MATERIAL SHOWN Block Start

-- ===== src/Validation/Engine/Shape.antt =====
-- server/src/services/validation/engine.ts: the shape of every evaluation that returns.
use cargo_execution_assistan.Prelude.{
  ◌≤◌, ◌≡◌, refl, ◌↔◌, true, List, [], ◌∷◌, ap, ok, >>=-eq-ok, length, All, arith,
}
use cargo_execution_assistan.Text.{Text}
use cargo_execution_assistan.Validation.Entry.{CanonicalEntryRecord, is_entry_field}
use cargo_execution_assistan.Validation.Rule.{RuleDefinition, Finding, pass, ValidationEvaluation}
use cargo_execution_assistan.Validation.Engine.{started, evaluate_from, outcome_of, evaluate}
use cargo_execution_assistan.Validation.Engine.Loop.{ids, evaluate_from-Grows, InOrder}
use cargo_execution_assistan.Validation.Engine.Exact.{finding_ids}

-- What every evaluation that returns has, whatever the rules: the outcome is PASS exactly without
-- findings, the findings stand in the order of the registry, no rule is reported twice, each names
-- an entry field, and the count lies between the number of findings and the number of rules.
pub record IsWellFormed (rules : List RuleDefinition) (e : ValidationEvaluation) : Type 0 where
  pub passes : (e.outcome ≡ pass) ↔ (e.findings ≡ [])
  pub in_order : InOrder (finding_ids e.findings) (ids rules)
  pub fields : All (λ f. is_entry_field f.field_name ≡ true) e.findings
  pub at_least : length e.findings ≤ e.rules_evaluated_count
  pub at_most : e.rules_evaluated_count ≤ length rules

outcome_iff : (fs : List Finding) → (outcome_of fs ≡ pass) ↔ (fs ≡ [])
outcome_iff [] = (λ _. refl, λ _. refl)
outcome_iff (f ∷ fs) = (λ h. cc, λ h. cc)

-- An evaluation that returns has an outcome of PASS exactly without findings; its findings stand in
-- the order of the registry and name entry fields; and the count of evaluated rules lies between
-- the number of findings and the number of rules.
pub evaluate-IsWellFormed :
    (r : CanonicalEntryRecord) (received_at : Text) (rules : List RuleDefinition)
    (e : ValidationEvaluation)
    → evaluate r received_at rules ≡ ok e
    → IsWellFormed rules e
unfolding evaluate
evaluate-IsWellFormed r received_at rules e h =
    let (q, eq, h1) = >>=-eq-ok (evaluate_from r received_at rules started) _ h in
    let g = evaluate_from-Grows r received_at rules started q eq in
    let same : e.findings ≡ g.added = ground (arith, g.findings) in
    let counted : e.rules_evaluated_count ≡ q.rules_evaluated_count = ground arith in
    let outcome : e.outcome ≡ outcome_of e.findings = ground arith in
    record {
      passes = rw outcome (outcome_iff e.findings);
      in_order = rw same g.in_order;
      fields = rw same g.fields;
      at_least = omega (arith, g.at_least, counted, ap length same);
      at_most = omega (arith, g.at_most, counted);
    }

MATERIAL SHOWN Block End

* AIM OF THE TASK
With "started" as the word to match, copy each line of the records that has it.

* SOLUTION TO THIS TASK
use cargo_execution_assistan.Validation.Engine.{started, evaluate_from, outcome_of, evaluate}
    let (q, eq, h1) = >>=-eq-ok (evaluate_from r received_at rules started) _ h in
    let g = evaluate_from-Grows r received_at rules started q eq in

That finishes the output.